Task instructions: Return all lines below containing the word "arith".

Data excerpts:

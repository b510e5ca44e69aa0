-- ===== src/Osal/Calls/Checks.antt =====
-- A wait for a semaphore that the host's events give.
use mm_halow_driver.Base.{ℕ, ◌+◌, ◌/◌, ◌≡◌, ◌≤◌, refl, Bool, true, false, some, min, arith}
use mm_halow_driver.Sched.{pending}
use mm_halow_driver.Sched.Run.{Machine, now}
use mm_halow_driver.Sched.Service.{from_thread}
use mm_halow_driver.Sched.Wait.{wait_max_ms}
use mm_halow_driver.Sched.Yield.Checks.{machine, no_turn, no_switch, event, even-Clock, still}
use mm_halow_driver.Osal.Sync.{Cell, Sem, sem_give}
use mm_halow_driver.Osal.Calls.{Wait, on_sem, perform}
use mm_halow_driver.Osal.Calls.Gives.{give_sem}
use mm_halow_driver.Osal.Calls.Signals.{Signal, to_sem, give, awaited, perform-give}
use mm_halow_driver.Osal.Calls.Returns.{perform_returns}

-- The semaphore's count is the number of the events that nothing took yet.
abbrev events : Cell (Machine ℕ) Sem
events = record {
  get = λ m. record { count = m.env; max_count = 5 };
  put = λ s m. record m { env = s.count };
}

abbrev for_event : Wait ℕ ℕ
for_event = on_sem events

perform_returns_example :
    (b : Bool) × (m' : Machine ℕ) × (perform no_turn no_switch event from_thread for_event 5 3
        machine
      ≡ some (b, m'))
    × (b ≡ false → 0 / 1 + min 3 wait_max_ms ≤ m'.reads / 1)
perform_returns_example =
    perform_returns no_turn no_switch event from_thread (λ n. n) (λ n. n) 1 even-Clock
      (λ i. still (no_turn i) (λ m. refl) (λ m. refl)) (still no_switch (λ m. refl) (λ m. refl))
      (still event (λ m. refl) (λ m. refl)) for_event 5 3 machine
      (record { clock = λ b m. refl; reads = λ b m. refl }) refl (omega arith) (omega arith)

-- The world is one semaphore.
abbrev the_sem : Cell Sem Sem
the_sem = record { get = λ e. e; put = λ s e. s }

abbrev with_sem : Machine Sem
with_sem = record {
  sched = machine.sched;
  heap = machine.heap;
  clock = λ n. n;
  reads = 0;
  env = record { count = 0; max_count = 1 };
}

abbrev one_given : Signal Sem ℕ
one_given = to_sem the_sem

given : (give one_given with_sem).0 ≡ true
unfolding give give_sem sem_give
given = refl

perform-give_example :
    (pending (now with_sem) (give one_given with_sem).1.sched ≡ true)
    × ((m' : Machine Sem) × (perform
            (λ i m. m)
            (λ m. m)
            (λ m. m)
            from_thread
            (awaited one_given)
            1
            0
            (give one_given with_sem).1
          ≡ some (true, m'))
        × (m'.env ≡ with_sem.env))
perform-give_example =
    perform-give (λ i m. m) (λ m. m) (λ m. m) from_thread one_given 0 0 with_sem (λ b e. refl) given
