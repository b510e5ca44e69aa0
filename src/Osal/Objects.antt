-- ===== src/Osal/Objects.antt =====
-- How the objects of mm_halow_osal.c are made in the driver's heap and given back to it. A pointer to
-- an object is its address, and none is the null pointer.
use mm_halow_driver.Base.{
  ℕ, ◌≡◌, refl, Bool, false, Option, none, some, List, arith, ap, inl, inr, Bool-cases, sym, ◌∙◌,
  ◌==◌, ◌&&◌, ltb, not, ◌/◌, ◌-◌, ◌+◌, ◌*◌, u32, u32_max,
}
use mm_halow_driver.Heap.{Heap, malloc, free}
use mm_halow_driver.Heap.Invariant.{IsHeap}
use mm_halow_driver.Heap.RoundTrip.{free-malloc}
use mm_halow_driver.Osal.Sync.{Mutex, new_mutex, Sem, new_sem}
use mm_halow_driver.Osal.Queue.{create, set_up, queue_struct}
use mm_halow_driver.Osal.Timers.{
  Timer, timer_create, timer_delete, add_timer, unlink_timer, timer_struct,
}

-- sizeof(struct mmosal_mutex), sizeof(struct mmosal_sem) and sizeof(struct mmosal_semb)
abbrev pub mutex_struct : ℕ
mutex_struct = 12

abbrev pub sem_struct : ℕ
sem_struct = 8

abbrev pub semb_struct : ℕ
semb_struct = 1

-- An object at the address that the heap gave, if it gave one.
abbrev pub set_at : {A : Type 0} → A → Option ℕ × Heap → Option (ℕ × A) × Heap
set_at a (none, h) = (none, h)
set_at a (some p, h) = (some (p, a), h)

-- mmosal_mutex_create; `unset` is what `taken_ms` holds before it is set.
pub mutex_create : ℕ → Heap → Option (ℕ × Mutex) × Heap
mutex_create unset h = set_at (new_mutex unset) (malloc mutex_struct h)

-- mmosal_mutex_delete
pub mutex_delete : Option ℕ → Heap → Heap
mutex_delete p h = free p h

-- mmosal_sem_create
pub sem_create : ℕ → ℕ → Heap → Option (ℕ × Sem) × Heap
sem_create max_count initial_count h =
    set_at (new_sem max_count initial_count) (malloc sem_struct h)

-- mmosal_sem_delete
pub sem_delete : Option ℕ → Heap → Heap
sem_delete p h = free p h

-- mmosal_semb_create; the object is its `signalled`.
pub semb_create : Heap → Option (ℕ × Bool) × Heap
semb_create h = set_at false (malloc semb_struct h)

-- mmosal_semb_delete
pub semb_delete : Option ℕ → Heap → Heap
semb_delete p h = free p h

-- mmosal_queue_delete
pub queue_delete : Option ℕ → Heap → Heap
queue_delete p h = free p h

-- What an object is made with: the arguments of its mmosal_..._create.
pub data Kind : Type 0 where
  mutex : ℕ → Kind
  sem : ℕ → ℕ → Kind
  semb : Kind
  queue : ℕ → ℕ → Kind
  timer : ℕ → ℕ → Bool → ℕ → ℕ → Kind

abbrev address : {A : Type 0} → Option (ℕ × A) × Heap → List Timer → Option ℕ × Heap × List Timer
address (none, h) ts = (none, h, ts)
address (some (p, a), h) ts = (some p, h, ts)

-- The mmosal_..._create of a kind, over the heap and the list of the timers.
unfoldable pub make : Kind → Heap → List Timer → Option ℕ × Heap × List Timer
make (mutex unset) h ts = address (mutex_create unset h) ts
make (sem max_count initial_count) h ts = address (sem_create max_count initial_count h) ts
make semb h ts = address (semb_create h) ts
make (queue n size) h ts = address (create {A = ℕ} 0 n size h) ts
make (timer name period auto arg callback) h ts = timer_create name period auto arg callback h ts

-- The mmosal_..._delete of a kind.
pub dispose : Kind → Option ℕ → Heap → List Timer → Heap × List Timer
dispose (mutex unset) p h ts = (mutex_delete p h, ts)
dispose (sem max_count initial_count) p h ts = (sem_delete p h, ts)
dispose semb p h ts = (semb_delete p h, ts)
dispose (queue n size) p h ts = (queue_delete p h, ts)
dispose (timer name period auto arg callback) p h ts = timer_delete p h ts

address-set_at :
    {A : Type 0} (a : A) (r : Option ℕ × Heap) (ts : List Timer)
    → address (set_at a r) ts ≡ (r.0, r.1, ts)
address-set_at a (none, h) ts = refl
address-set_at a (some p, h) ts = refl

address-set_up :
    (n size : ℕ) (r : Option ℕ × Heap) (ts : List Timer)
    → address (set_up {A = ℕ} 0 n size r) ts ≡ (r.0, r.1, ts)
address-set_up n size (none, h) ts = refl
address-set_up n size (some p, h) ts = refl

-- Memory `r` of the heap that leaves the timers alone.
abbrev Gives : Option ℕ × Heap → List Timer → ℕ → Heap → List Timer → Type 0
Gives r ts p h' ts' = ◌≡◌ {A = Option ℕ × Heap × List Timer} (r.0, r.1, ts) (some p, h', ts')

-- What the heap gave is given back to it.
returned :
    {base : ℕ} (n : ℕ) (h : Heap) (ts : List Timer) (p : ℕ) (h' : Heap) (ts' : List Timer)
    → IsHeap base h
    → Gives (malloc n h) ts p h' ts'
    → ◌≡◌ {A = Heap × List Timer} (free (some p) h', ts') (h, ts)
returned n h ts p h' ts' v e =
    λ i. (free-malloc n p h' v (λ j. ((e j).0, (e j).1)) i, sym (ap (λ x. x.2) e) i)

-- The timer that stands in front is the one that is taken out of the list.
timer_listed :
    (name period : ℕ) (auto : Bool) (arg callback : ℕ) (h : Heap) (ts : List Timer)
    (r : Option ℕ × Heap) (p : ℕ) (h' : Heap) (ts' : List Timer)
    → add_timer name period auto arg callback ts r ≡ (some p, h', ts')
    → Gives r ts p h' (unlink_timer p ts')
unfolding add_timer unlink_timer
timer_listed name period auto arg callback h ts (none, g) p h' ts' e = absurd cc
timer_listed name period auto arg callback h ts (some q, g) p h' ts' e = ground arith

-- An object that was made and is given back at once leaves the heap, block for block, and the list of the
-- timers as they were.
pub dispose-make :
    {base : ℕ} (k : Kind) (h : Heap) (ts : List Timer) (p : ℕ) (h' : Heap) (ts' : List Timer)
    → IsHeap base h
    → make k h ts ≡ (some p, h', ts')
    → dispose k (some p) h' ts' ≡ (h, ts)
unfolding make dispose mutex_create sem_create semb_create mutex_delete sem_delete semb_delete
    queue_delete create timer_create timer_delete
dispose-make (mutex unset) h ts p h' ts' v e =
    returned mutex_struct h ts p h' ts' v
      (sym (address-set_at (new_mutex unset) (malloc mutex_struct h) ts) ∙ e)
dispose-make (sem max_count initial_count) h ts p h' ts' v e =
    returned sem_struct h ts p h' ts' v
      (sym (address-set_at (new_sem max_count initial_count) (malloc sem_struct h) ts) ∙ e)
dispose-make semb h ts p h' ts' v e =
    returned semb_struct h ts p h' ts' v (sym (address-set_at false (malloc semb_struct h) ts) ∙ e)
dispose-make (queue n size) h ts p h' ts' v e =
    elim (Bool-cases (not (size == 0) && ltb ((u32_max - queue_struct) / size) n)) [
      | inl over ↦ absurd (ground (arith, e, over))
      | inr fits ↦
          let n' = u32 (queue_struct + n * size) in
          returned n' h ts p h' ts' v (sym (address-set_up n size (malloc n' h) ts) ∙ rw fits at e)
    ]
dispose-make (timer name period auto arg callback) h ts p h' ts' v e =
    returned timer_struct h ts p h' (unlink_timer p ts') v
      (timer_listed name period auto arg callback h ts (malloc timer_struct h) p h' ts' e)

Exercise response:
use mm_halow_driver.Base.{ℕ, ◌+◌, ◌/◌, ◌≡◌, ◌≤◌, refl, Bool, true, false, some, min, arith}
      (record { clock = λ b m. refl; reads = λ b m. refl }) refl (omega arith) (omega arith)
  ℕ, ◌≡◌, refl, Bool, false, Option, none, some, List, arith, ap, inl, inr, Bool-cases, sym, ◌∙◌,
timer_listed name period auto arg callback h ts (some q, g) p h' ts' e = ground arith
      | inl over ↦ absurd (ground (arith, e, over))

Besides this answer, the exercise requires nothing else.